Moderate Capitalisation: Access Bank’s FCC ratio (14.8% at end-1Q22) is lower than most Nigerian D-SIBs’, reflecting higher balance-sheet leverage. Pre-impairment operating profit is healthy, providing a sizeable buffer to absorb LICs without affecting capital. Group regulatory capital ratios have healthy buffers above impending Basel III requirements but Fitch expects the bank’s unconsolidated CET1 capital ratio to have a tight buffer over the 13% minimum requirement.
Strong Liquidity Coverage: Access Bank has a material reliance on term-deposit funding (43% of customer deposits at end-1Q22), resulting in a higher cost of funding than other D-SIBs’. Depositor concentration is moderate, with the 20-largest depositors representing 19% of customer deposits at end-2021. Liquidity coverage in both local and foreign currencies is strong, mitigating funding weakness.
No Support: Government support to commercial banks cannot be relied on given Nigeria’s weak ability to provide support, particularly in foreign currency. The GSR is therefore ‘no support’, reflecting our view that senior creditors cannot rely on receiving full and timely extraordinary support.
Rating Sensitivities
Factors that could, individually or collectively, lead to negative rating action/downgrade:
A sovereign downgrade would result in a downgrade of the Long-Term IDR given that Access Bank does not meet Fitch’s criteria to be rated above the sovereign.
A combination of an increase in the impaired loans ratio significantly above 10% and aggressive growth at home or abroad that results in very thin buffers over regulatory capital requirements or a sharp decline in the FCC ratio without clear prospects to restore capital would pressure the VR.
Factors that could, individually or collectively, lead to positive rating action/upgrade:
An upgrade of the Long-Term IDR would require a sovereign upgrade and strengthened capitalisation.
Other Debt and Issuer Ratings: Key Rating Drivers
Access Bank’s senior unsecured debt is rated in line with its IDRs as the likelihood of default on these obligations reflects that of the bank. The Recovery Rating is ‘RR4’, reflecting average recovery prospects.
Access Bank’s subordinated debt is rated two notches below its National Long-Term Rating for loss severity, reflecting poor recovery prospects.
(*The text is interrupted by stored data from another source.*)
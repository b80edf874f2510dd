-- ===== src/Dag/Contract.antt =====
-- The vocabulary of src/hermes_mcp_bridge/v2/dag_contract.py: reasons, statuses and policies.
use hermes_mcp_bridge.Base.{Bool, String, ℕ, ◌==◌}

pub data PlanReason : Type 0 where
  plan_schema_invalid plan_unknown_field plan_duplicate_node plan_cycle_detected : PlanReason
  plan_self_dependency plan_unknown_dependency plan_duplicate_dependency plan_unreachable_node :
      PlanReason
  plan_depth_exceeded plan_fanout_exceeded plan_budget_exceeded plan_tool_unknown : PlanReason
  plan_tool_not_projected plan_scope_denied plan_arg_invalid plan_idempotency_missing : PlanReason
  plan_compensation_undeclared binding_edge_not_declared binding_source_unshaped : PlanReason
  binding_field_unknown binding_type_mismatch binding_target_type_mismatch : PlanReason
  binding_size_exceeded binding_control_field_forbidden binding_runtime_reject : PlanReason
  transform_op_unknown transform_type_mismatch transform_output_too_large policy_missing :
      PlanReason
  policy_denied approval_missing approval_digest_mismatch approval_expired : PlanReason
  approval_scope_insufficient approval_already_consumed approval_operation_digest_uncovered :
      PlanReason
  upstream_abort upstream_failed upstream_indeterminate provider_unavailable deadline_exceeded :
      PlanReason
  budget_exhausted checkpoint_tampered checkpoint_schema_unsupported plan_digest_mismatch :
      PlanReason
  lease_fence_stale unsafe_compensation dag_disabled : PlanReason

abbrev pub reason_value : PlanReason → String
reason_value plan_schema_invalid = "PLAN_SCHEMA_INVALID"
reason_value plan_unknown_field = "PLAN_UNKNOWN_FIELD"
reason_value plan_duplicate_node = "PLAN_DUPLICATE_NODE"
reason_value plan_cycle_detected = "PLAN_CYCLE_DETECTED"
reason_value plan_self_dependency = "PLAN_SELF_DEPENDENCY"
reason_value plan_unknown_dependency = "PLAN_UNKNOWN_DEPENDENCY"
reason_value plan_duplicate_dependency = "PLAN_DUPLICATE_DEPENDENCY"
reason_value plan_unreachable_node = "PLAN_UNREACHABLE_NODE"
reason_value plan_depth_exceeded = "PLAN_DEPTH_EXCEEDED"
reason_value plan_fanout_exceeded = "PLAN_FANOUT_EXCEEDED"
reason_value plan_budget_exceeded = "PLAN_BUDGET_EXCEEDED"
reason_value plan_tool_unknown = "PLAN_TOOL_UNKNOWN"
reason_value plan_tool_not_projected = "PLAN_TOOL_NOT_PROJECTED"
reason_value plan_scope_denied = "PLAN_SCOPE_DENIED"
reason_value plan_arg_invalid = "PLAN_ARG_INVALID"
reason_value plan_idempotency_missing = "PLAN_IDEMPOTENCY_MISSING"
reason_value plan_compensation_undeclared = "PLAN_COMPENSATION_UNDECLARED"
reason_value binding_edge_not_declared = "BINDING_EDGE_NOT_DECLARED"
reason_value binding_source_unshaped = "BINDING_SOURCE_UNSHAPED"
reason_value binding_field_unknown = "BINDING_FIELD_UNKNOWN"
reason_value binding_type_mismatch = "BINDING_TYPE_MISMATCH"
reason_value binding_target_type_mismatch = "BINDING_TARGET_TYPE_MISMATCH"
reason_value binding_size_exceeded = "BINDING_SIZE_EXCEEDED"
reason_value binding_control_field_forbidden = "BINDING_CONTROL_FIELD_FORBIDDEN"
reason_value binding_runtime_reject = "BINDING_RUNTIME_REJECT"
reason_value transform_op_unknown = "TRANSFORM_OP_UNKNOWN"
reason_value transform_type_mismatch = "TRANSFORM_TYPE_MISMATCH"
reason_value transform_output_too_large = "TRANSFORM_OUTPUT_TOO_LARGE"
reason_value policy_missing = "POLICY_MISSING"
reason_value policy_denied = "POLICY_DENIED"
reason_value approval_missing = "APPROVAL_MISSING"
reason_value approval_digest_mismatch = "APPROVAL_DIGEST_MISMATCH"
reason_value approval_expired = "APPROVAL_EXPIRED"
reason_value approval_scope_insufficient = "APPROVAL_SCOPE_INSUFFICIENT"
reason_value approval_already_consumed = "APPROVAL_ALREADY_CONSUMED"
reason_value approval_operation_digest_uncovered = "APPROVAL_OPERATION_DIGEST_UNCOVERED"
reason_value upstream_abort = "UPSTREAM_ABORT"
reason_value upstream_failed = "UPSTREAM_FAILED"
reason_value upstream_indeterminate = "UPSTREAM_INDETERMINATE"
reason_value provider_unavailable = "PROVIDER_UNAVAILABLE"
reason_value deadline_exceeded = "DEADLINE_EXCEEDED"
reason_value budget_exhausted = "BUDGET_EXHAUSTED"
reason_value checkpoint_tampered = "CHECKPOINT_TAMPERED"
reason_value checkpoint_schema_unsupported = "CHECKPOINT_SCHEMA_UNSUPPORTED"
reason_value plan_digest_mismatch = "PLAN_DIGEST_MISMATCH"
reason_value lease_fence_stale = "LEASE_FENCE_STALE"
reason_value unsafe_compensation = "COMPENSATION_UNSAFE"
reason_value dag_disabled = "DAG_DISABLED"

pub data NodeKind : Type 0 where
  tool transform : NodeKind

pub data FailurePolicy : Type 0 where
  fail_fast continue_independent : FailurePolicy

pub data RollbackPolicy : Type 0 where
  no_rollback compensate_on_failure compensate_on_abort : RollbackPolicy

pub data OnFailure : Type 0 where
  abort_plan isolate_branch dead_letter_node : OnFailure

pub data NodeStatus : Type 0 where
  pending ready dispatched success failed denied skipped indeterminate compensation_pending :
      NodeStatus
  compensated compensation_skipped compensation_unsafe compensation_failed : NodeStatus
  compensation_indeterminate dead_letter : NodeStatus

abbrev pub status_value : NodeStatus → String
status_value pending = "PENDING"
status_value ready = "READY"
status_value dispatched = "DISPATCHED"
status_value success = "SUCCESS"
status_value failed = "FAILED"
status_value denied = "DENIED"
status_value skipped = "SKIPPED"
status_value indeterminate = "INDETERMINATE"
status_value compensation_pending = "COMPENSATION_PENDING"
status_value compensated = "COMPENSATED"
status_value compensation_skipped = "COMPENSATION_SKIPPED"
status_value compensation_unsafe = "COMPENSATION_UNSAFE"
status_value compensation_failed = "COMPENSATION_FAILED"
status_value compensation_indeterminate = "COMPENSATION_INDETERMINATE"
status_value dead_letter = "DEAD_LETTER"

abbrev pub status_index : NodeStatus → ℕ
status_index pending = 0
status_index ready = 1
status_index dispatched = 2
status_index success = 3
status_index failed = 4
status_index denied = 5
status_index skipped = 6
status_index indeterminate = 7
status_index compensation_pending = 8
status_index compensated = 9
status_index compensation_skipped = 10
status_index compensation_unsafe = 11
status_index compensation_failed = 12
status_index compensation_indeterminate = 13
status_index dead_letter = 14

-- `a is b`
abbrev pub is_status : NodeStatus → NodeStatus → Bool
is_status a b = status_index a == status_index b

pub data PlanStatus : Type 0 where
  plan_completed plan_partial plan_failed plan_aborted plan_indeterminate plan_dead_letter :
      PlanStatus

abbrev pub plan_status_value : PlanStatus → String
plan_status_value plan_completed = "COMPLETED"
plan_status_value plan_partial = "PARTIAL"
plan_status_value plan_failed = "FAILED"
plan_status_value plan_aborted = "ABORTED"
plan_status_value plan_indeterminate = "INDETERMINATE"
plan_status_value plan_dead_letter = "DEAD_LETTER"

-- `DagError` and its subclasses, by the reason and the detail.
pub record DagError : Type 0 where
  pub reason : PlanReason
  pub detail : String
Other Debt and Issuer Ratings: Rating Sensitivities
Factors that could, individually or collectively, lead to negative rating action/downgrade:
Access Bank’s senior unsecured debt would be downgraded if the bank’s Long-Term IDR is downgraded.
Access Bank’s subordinated debt would be downgraded if the bank’s National Long-Term Rating is downgraded.
Factors that could, individually or collectively, lead to positive rating action/upgrade:
Access Bank’s senior unsecured debt would be upgraded if the bank’s Long-Term IDR is upgraded.
Access Bank’s subordinated debt would be upgraded if the bank’s National Long-Term Rating is upgraded.
Best/Worst Case Rating Scenario
International scale credit ratings of Financial Institutions and Covered Bond issuers have a best-case rating upgrade scenario (defined as the 99th percentile of rating transitions, measured in a positive direction) of three notches over a three-year rating horizon; and a worst-case rating downgrade scenario (defined as the 99th percentile of rating transitions, measured in a negative direction) of four notches over three years. The complete span of best- and worst-case scenario credit ratings for all rating categories ranges from ‘AAA’ to ‘D’. Best- and worst-case scenario credit ratings are based on historical performance.
ESG Considerations
Unless otherwise disclosed in this section, the highest level of ESG credit relevance is a score of ‘3’. This means ESG issues are credit-neutral or have only a minimal credit impact on the entity, either due to their nature or the way in which they are being managed by the entity.